Seeing the Big Picture: A Holistic View of Web Application Monitoring

by Leon Fayer

Every web-based application is part of a much broader ecosystem; it is an integral component of a larger business, operates within a highly complex and interconnected technical environment, and aspects of its management are dispersed across multiple organizational units. It is designed and built by developers, and operated by systems administrators to meet specific objectives set by the business. Determining that the application is operating effectively within this environment requires a monitoring strategy that meets the needs of multiple constituents and goes beyond simply tracking technical metrics for uptime, response times and capacity.

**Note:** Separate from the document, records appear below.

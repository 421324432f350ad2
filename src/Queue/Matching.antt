-- ===== src/Queue/Matching.antt =====
-- Where the threads of the queue's sections stand as readers of `Queue.System`.
use mathlib.Core.Logic.{ite}
use empool.Base.{
  ℕ, ◌≡◌, refl, sym, ap, subst, ◌⊎◌, inl, inr, Bool, true, false, arith, update, update_elim,
  ℕ_discrete,
}
use empool.Lock.{notice_if, all_notice}
use empool.Lock.Atomic
use empool.Queue.{Call, ReadPc, outside, failed, waiting, woken, expired, got}
use empool.Queue.System as Q
use empool.Queue.Sections.{Operation, read_call, Content}

abbrev pub Fine {ℓ} : Type ℓ → Type ℓ
Fine A = Atomic.System (Operation A) (Content A)

module _ {ℓ} {A : Type ℓ} where
  -- Where a thread stands among the sections, and where it stands as a reader.
  abbrev pub Match : Atomic.Pc (Operation A) → ReadPc A → Type ℓ
  Match Atomic.outside r = Q.IsIdle r
  Match (Atomic.entering op) r = Q.IsIdle r ⊎ ((c : Call) × (op ≡ read_call c) × (r ≡ woken c))
  Match (Atomic.asleep op) r = (c : Call) × (op ≡ read_call c) × (r ≡ waiting c)
  Match (Atomic.expired op) r = r ≡ expired

  abbrev pub Matched : Fine A → (ℕ → ReadPc A) → Type ℓ
  Matched s reader = (k : ℕ) → Match (s.pc k) (reader k)

  -- The queue that threads see who stand so as readers.
  abbrev pub as_queue : Content A → (ℕ → ReadPc A) → Q.System A
  as_queue content reader = record {
    queue = content.queue;
    reader = reader;
    pushed = content.pushed;
    popped = content.popped;
  }

  -- The queue can come to this state, with readers that match.
  abbrev pub Reached : Fine A → Type ℓ
  Reached s =
      (reader : ℕ → ReadPc A) × Q.Steps Q.start (as_queue s.shared reader) × Matched s reader

  pub update-Match :
      (pc : ℕ → Atomic.Pc (Operation A)) (reader : ℕ → ReadPc A) (i : ℕ)
      (p : Atomic.Pc (Operation A)) (r : ReadPc A)
      → Match p r
      → ((k : ℕ) → Match (pc k) (reader k))
      → (k : ℕ) → Match (update pc i p k) (update reader i r k)
  update-Match pc reader i p r new old k =
      elim (ℕ_discrete i k) as (λ d. Match (ite d p (pc k)) (ite d r (reader k))) [
        | yes same ↦ new
        | no other ↦ old k
      ]

  -- Thread `i` moves, but not as a reader.
  pub update_pc :
      (pc : ℕ → Atomic.Pc (Operation A)) (reader : ℕ → ReadPc A) (i : ℕ)
      (p : Atomic.Pc (Operation A))
      → Match p (reader i)
      → ((k : ℕ) → Match (pc k) (reader k))
      → (k : ℕ) → Match (update pc i p k) (reader k)
  update_pc pc reader i p new old = update_elim (λ k q. Match q (reader k)) pc i p new old

  pub Match-at :
      (pc : ℕ → Atomic.Pc (Operation A)) (reader : ℕ → ReadPc A) (i : ℕ)
      {p : Atomic.Pc (Operation A)}
      → pc i ≡ p
      → ((k : ℕ) → Match (pc k) (reader k))
      → Match p (reader i)
  Match-at pc reader i e m = subst (λ p. Match p (reader i)) e (m i)

  abbrev pub call_of : Call → Operation A → Call
  call_of default (read_call c) = c
  call_of default op = default

  -- A reader that has the lock reads.
  pub reads_next :
      (q : Q.System A) (i : ℕ) (c : Call)
      → Match (Atomic.entering (read_call c)) (q.reader i)
      → Q.Steps Q.start q
      → Q.Steps Q.start (Q.reads q i c)
  reads_next q i c (inl idle) r = Q.then_ r (Q.enter i c idle)
  reads_next q i c (inr (d, e, w)) r =
      Q.then_ r (Q.go_on i c (subst (λ d. q.reader i ≡ woken d) (sym (ap (call_of c) e)) w))

  wake-IsIdle : (r : ReadPc A) → Q.IsIdle r → Q.wake r ≡ r
  wake-IsIdle outside h = refl
  wake-IsIdle failed h = refl
  wake-IsIdle (waiting c) h = absurd (ground (arith, h))
  wake-IsIdle (woken c) h = refl
  wake-IsIdle expired h = refl
  wake-IsIdle (got c a) h = refl

  IsIdle-wake : (r : ReadPc A) → Q.IsIdle r → Q.IsIdle (Q.wake r)
  IsIdle-wake r h = subst Q.IsIdle (sym (wake-IsIdle r h)) h

  abbrev pub is_read : Operation A → Bool
  is_read (read_call c) = true
  is_read op = false

  pub Match-IsIdle :
      (op : Operation A) (r : ReadPc A)
      → is_read op ≡ false
      → Match (Atomic.entering op) r
      → Q.IsIdle r
  Match-IsIdle op r no_read (inl h) = h
  Match-IsIdle op r no_read (inr (c, e, w)) = absurd (ground (arith, ap is_read e))

  pub notify_all-IsIdle :
      (b : Bool) (reader : ℕ → ReadPc A) (i : ℕ)
      → Q.IsIdle (reader i)
      → Q.IsIdle (Q.notify_all b reader i)
  notify_all-IsIdle true reader i h = IsIdle-wake (reader i) h
  notify_all-IsIdle false reader i h = h

  -- What the readers are after a notification.
  Match-wake :
      (p : Atomic.Pc (Operation A)) (r : ReadPc A) → Match p r → Match (Atomic.wake p) (Q.wake r)
  Match-wake Atomic.outside r h = IsIdle-wake r h
  Match-wake (Atomic.entering op) r (inl h) = inl (IsIdle-wake r h)
  Match-wake (Atomic.entering op) r (inr (c, e, w)) = inr (c, e, ap Q.wake w)
  Match-wake (Atomic.asleep op) r (c, e, w) = inr (c, e, ap Q.wake w)
  Match-wake (Atomic.expired op) r h = ap Q.wake h

  pub notified :
      (b : Bool) (j : ℕ) (pc : ℕ → Atomic.Pc (Operation A)) (reader : ℕ → ReadPc A)
      → ((k : ℕ) → Match (pc k) (reader k))
      → (k : ℕ) → Match (Atomic.notify (notice_if b all_notice) j pc k) (Q.notify_all b reader k)
  notified true j pc reader m k = Match-wake (pc k) (reader k) (m k)
  notified false j pc reader m k = m k
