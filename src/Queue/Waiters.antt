-- ===== src/Queue/Waiters.antt =====
-- What a reader that waits can rely on.
use empool.Base.{ℕ, ◌≡◌, ◌≢◌, Bool, [], ◌∷◌, arith, true, false, if◌then◌else◌}
use empool.Queue.{Call, pop, pop_time_wait, front, got, waiting, woken, push, read}
use empool.Queue.System.{
  System, Step, pushes, enter, go_on, stir, expire, give_up, Steps, here, then_, start, notify_all,
}

abbrev pub is_front : Call → Bool
is_front front = true
is_front _ = false

module _ {ℓ} {A : Type ℓ} where
  abbrev Inv : System A → Type ℓ
  Inv s = (i : ℕ) (c : Call) → s.reader i ≡ waiting c → s.queue ≡ []

  Step-Inv : {s t : System A} → Step s t → Inv s → Inv t
  unfolding push read
  Step-Inv (pushes a) v i c e = ground (arith, v i c)
  Step-Inv (enter k d idle) v i c e = ground (arith, v i c)
  Step-Inv (go_on k d p) v i c e = ground (arith, v i c)
  Step-Inv (stir k d p) v i c e = ground (arith, v i c)
  Step-Inv (expire k p) v i c e = ground (arith, v i c)
  Step-Inv (give_up k p) v i c e = ground (arith, v i c)

  Steps-Inv : {s : System A} → Steps start s → Inv s
  Steps-Inv here i c e = absurd (ground arith)
  Steps-Inv (then_ r st) i c e = Step-Inv st (Steps-Inv r) i c e

  -- No wake-up is lost: in every state that a new queue can come to, a reader that sleeps sleeps
  -- before an empty queue, whatever its call; and a push into such a state leaves no reader
  -- asleep.
  pub no_lost_push :
      {s : System A}
      → Steps start s
      → ((i : ℕ) (c : Call) → s.reader i ≡ waiting c → s.queue ≡ [])
        × ((i : ℕ) (c : Call) (a : A) → notify_all (push s.queue a).1 s.reader i ≢ waiting c)
  unfolding push
  no_lost_push r = (Steps-Inv r, λ i c a e. ground (arith, Steps-Inv r i c))

  -- A reader that sleeps when an element is pushed, and is the next to get the lock, returns with
  -- that element, which `Front` alone leaves in the queue.
  push_reaches_reader :
      {s : System A}
      → Steps start s
      → (i : ℕ) (c : Call) (a : A) → s.reader i ≡ waiting c
      → (notify_all (push s.queue a).1 s.reader i ≡ woken c)
        × ((read c (push s.queue a).0).1 ≡ got c a)
        × ((read c (push s.queue a).0).0 ≡ (if is_front c then a ∷ [] else []))
  unfolding push read
  push_reaches_reader r i pop a e = ground (arith, Steps-Inv r i pop)
  push_reaches_reader r i pop_time_wait a e = ground (arith, Steps-Inv r i pop_time_wait)
  push_reaches_reader r i front a e = ground (arith, Steps-Inv r i front)
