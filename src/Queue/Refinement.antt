-- ===== src/Queue/Refinement.antt =====
-- The statements of the queue's calls, and the steps of `Queue.System`.
use mathlib.Core.List.{append-nil}
use empool.Base.{ℕ, ◌≡◌, refl, sym, ◌∙◌, ap, subst, inl, inr, true, List, [], ◌∷◌, arith, update}
use empool.Lock.{run, notice_if, all_notice}
use empool.Lock.System.{asleep, System, Steps, start}
use empool.Lock.Atomic
use empool.Lock.Refinement.{abs, view, refines_atomic}
use empool.Queue.{
  Call, pop, pop_time_wait, front, ReadPc, outside, failed, waiting, woken, expired, got, push,
  read, is_empty,
}
use empool.Queue.System as Q
use empool.Queue.Waiters.{no_lost_push}
use empool.Queue.Sections.{
  Operation, push_call, read_call, size_call, Content, new_content, code, is_timed,
}
use empool.Queue.Matching.{
  Fine, as_queue, Reached, update-Match, update_pc, Match-at, call_of, reads_next, Match-IsIdle,
  notify_all-IsIdle, notified,
}

timed_call : (c : Call) → is_timed c ≡ true → c ≡ pop_time_wait
timed_call pop_time_wait h = refl
timed_call pop h = absurd (ground (arith, h))
timed_call front h = absurd (ground (arith, h))

module _ {ℓ} {A : Type ℓ} where
  push_follows :
      (content : Content A) (pc : ℕ → Atomic.Pc (Operation A)) (i j : ℕ) (a : A)
      → pc i ≡ Atomic.entering (push_call a)
      → Reached (record { shared = content; pc = pc })
      → Reached (Atomic.perform code (record { shared = content; pc = pc }) i j (push_call a))
  unfolding push
  push_follows content pc i j a e (reader, r, m) = (
    Q.notify_all (is_empty content.queue) reader,
    Q.then_ r (Q.pushes a),
    update_pc (Atomic.notify (notice_if (is_empty content.queue) all_notice) j pc) _ i
        Atomic.outside
        (notify_all-IsIdle (is_empty content.queue) reader i
          (Match-IsIdle (push_call a) (reader i) refl (Match-at pc reader i e m)))
        (notified (is_empty content.queue) j pc reader m),
  )

  read_follows :
      (c : Call) (queue pushed popped : List A) (pc : ℕ → Atomic.Pc (Operation A)) (i j : ℕ)
      → pc i ≡ Atomic.entering (read_call c)
      → Reached
          (record { shared = record { queue = queue; pushed = pushed; popped = popped }; pc = pc })
      → Reached (
          Atomic.perform code
            (record {
              shared = record { queue = queue; pushed = pushed; popped = popped };
              pc = pc;
            })
            i
            j
            (read_call c))
  unfolding read
  read_follows c [] pushed popped pc i j e (reader, r, m) = (
    update reader i (waiting c),
    subst
        (λ l. Q.Steps Q.start (record {
          queue = [];
          reader = update reader i (waiting c);
          pushed = pushed;
          popped = l;
        }))
        (append-nil popped)
        (reads_next (as_queue (record { queue = []; pushed = pushed; popped = popped }) reader) i c
          (Match-at pc reader i e m) r),
    update-Match pc reader i (Atomic.asleep (read_call c)) (waiting c) (c, refl, refl) m,
  )
  read_follows pop (a ∷ queue) pushed popped pc i j e (reader, r, m) = (
    update reader i (got pop a),
    reads_next (as_queue (record { queue = a ∷ queue; pushed = pushed; popped = popped }) reader) i
        pop (Match-at pc reader i e m) r,
    update-Match pc reader i Atomic.outside (got pop a) (inr (inr (pop, a, refl))) m,
  )
  read_follows pop_time_wait (a ∷ queue) pushed popped pc i j e (reader, r, m) = (
    update reader i (got pop_time_wait a),
    reads_next (as_queue (record { queue = a ∷ queue; pushed = pushed; popped = popped }) reader) i
        pop_time_wait (Match-at pc reader i e m) r,
    update-Match pc reader i Atomic.outside (got pop_time_wait a)
        (inr (inr (pop_time_wait, a, refl))) m,
  )
  read_follows front (a ∷ queue) pushed popped pc i j e (reader, r, m) = (
    update reader i (got front a),
    subst
        (λ l. Q.Steps Q.start (record {
          queue = a ∷ queue;
          reader = update reader i (got front a);
          pushed = pushed;
          popped = l;
        }))
        (append-nil popped)
        (reads_next
          (as_queue (record { queue = a ∷ queue; pushed = pushed; popped = popped }) reader) i front
          (Match-at pc reader i e m) r),
    update-Match pc reader i Atomic.outside (got front a) (inr (inr (front, a, refl))) m,
  )

  -- After `TimeWait` has returned false, `PopTimeWait` does so too.
  late_nothing : (op : Operation A) (content : Content A) → run (code op).late content ≡ content
  late_nothing (push_call a) content = refl
  late_nothing (read_call c) content = refl
  late_nothing size_call content = refl

  -- Each step of the sections is a step of the queue, or none.
  Step-Reached : {s t : Fine A} → Atomic.Step code s t → Reached s → Reached t
  Step-Reached {s} (Atomic.enters i op e) (reader, r, m) =
      (reader, r, update_pc s.pc reader i (Atomic.entering op) (inl (Match-at s.pc reader i e m)) m)
  Step-Reached {s} (Atomic.performs i j (push_call a) e) v = push_follows s.shared s.pc i j a e v
  Step-Reached {s} (Atomic.performs i j (read_call c) e) v =
      read_follows c s.shared.queue s.shared.pushed s.shared.popped s.pc i j e v
  Step-Reached {s} (Atomic.performs i j size_call e) (reader, r, m) = (
    reader,
    r,
    update_pc s.pc reader i Atomic.outside
        (Match-IsIdle size_call (reader i) refl (Match-at s.pc reader i e m)) m,
  )
  Step-Reached {s} (Atomic.stirs i op e) (reader, r, m) =
      let (c, same, w) = Match-at s.pc reader i e m in
      (
        update reader i (woken c),
        Q.then_ r (Q.stir i c w),
        update-Match s.pc reader i (Atomic.entering op) (woken c) (inr (c, same, refl)) m,
      )
  Step-Reached {s} (Atomic.expires i op e timed) (reader, r, m) =
      let (c, same, w) = Match-at s.pc reader i e m in
      (
        update reader i expired,
        Q.then_ r (
            Q.expire i
              (w ∙ ap waiting (timed_call c (subst (λ op. (code op).timed ≡ true) same timed)))),
        update-Match s.pc reader i (Atomic.expired op) expired refl m,
      )
  Step-Reached {s} (Atomic.gives_up i op e) (reader, r, m) =
      subst (λ content. Reached (record { shared = content; pc = update s.pc i Atomic.outside }))
        (sym (late_nothing op s.shared))
        (
          update reader i failed,
          Q.then_ r (Q.give_up i (Match-at s.pc reader i e m)),
          update-Match s.pc reader i Atomic.outside failed (inr (inl refl)) m,
        )

  Steps-Reached : {s : Fine A} → Atomic.Steps code (abs (start new_content)) s → Reached s
  Steps-Reached Atomic.here = (λ _. outside, Q.here, λ k. inl refl)
  Steps-Reached (Atomic.then_ r st) = Step-Reached st (Steps-Reached r)

  -- The calls of the queue, run statement by statement by any threads and in any interleaving, do
  -- what the step relation of the queue says: with the remaining statements of the owner of the
  -- mutex done, the state is one that the step relation comes to, and a thread that sleeps in a
  -- wait is a reader that waits there. So no wake-up is lost, although `Push` notifies before it
  -- pushes: a reader that sleeps sleeps before an empty queue.
  pub sections_refine :
      {s : System (Operation A) (Content A)}
      → Steps code (start new_content) s
      → (reader : ℕ → ReadPc A) × Q.Steps Q.start (as_queue (abs s).shared reader)
        × ((i : ℕ) (c : Call)
            → s.pc i ≡ asleep (read_call c)
            → (reader i ≡ waiting c) × ((abs s).shared.queue ≡ []))
  sections_refine {s} run =
      let (reader, r, m) = Steps-Reached (refines_atomic run) in
      (
        reader,
        r,
        λ i c e.
            let (d, same, w) = Match-at (abs s).pc reader i (ap view e) m in
            let w' : reader i ≡ waiting c = w ∙ ap waiting (sym (ap (call_of c) same)) in
            (w', (no_lost_push r).0 i c w'),
      )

Case 1: The Impact of Ineffective Monitoring

A retailer’s website displays content-appropriate ads sourced from an ad network on its product pages. Business analysts monitor the number of completed sales transactions, while operations monitors uptime and server performance. Due to inefficient application design, these ads load ahead of the retailer’s own content as the page builds. This design is not an issue as long as the ad network is performing well. But one day, the business analysts notice a sharp drop in completed transactions. A quick call to the systems administrator reveals that it’s not an operations issue; the web and application servers are up and performing properly. The underlying problem is that performance issues on the part of the ad supplier are slowing page loads to the point that buyers are abandoning transactions. (see Figure 1) Unfortunately, this aspect of performance is not monitored. The website appears operationally fine, but the retailer is losing revenue.

Figure 1: Effect of third-party ad service latency on website load time

Effect of third-party ad service latency on website load time

Challenge 1: Aligning Objectives

In many businesses, multiple organizations oversee the operation of a given web application. Systems administrators manage the health of the system environment, developers are responsible for application health and business analysts ensure business goals are met. Each of these areas has its own focus and objectives, relies on its own metrics to monitor that goals are met, and may have very little insight into how its activities impact other aspects of the application’s management. For instance, systems administrators in the operations area may have little knowledge about the application-specific functionality or how changes to the systems environment could affect that functionality. Similarly, business personnel seeking to better achieve their own goal, such as increasing registrations, may unleash a promotional campaign that overwhelms system capacity. More importantly, as shown in Case 1, ensuring the application is operating to one organization’s goal does not necessarily mean the application is meeting its larger business objectives. Unless monitoring efforts are aligned, the end result is inefficient teamwork and cross-departmental finger pointing.

Challenge 2: Ensuring Information Is Actionable

While collecting basic capacity, network traffic and application performance metrics are essential for effectively managing a web application, these metrics provide only a partial picture of the application’s true status to its constituents and are rarely truly actionable on their own. For example, if the volume of hits for a given web page suddenly goes up or down; what does that mean? Does that change have any business impact? Is it indicative of a technical issue or the effects of a social media campaign? Is it merely interesting or does it require immediate attention? And if so, what is the proper course of action? Answering these questions requires context that can be supplied by other monitored metrics. Knowing that the network, server and storage environments were operating properly at the time, that applications modifications were deployed just prior to the change, and that completed business transactions simultaneously dropped, supplies the necessary context to quickly answer these questions.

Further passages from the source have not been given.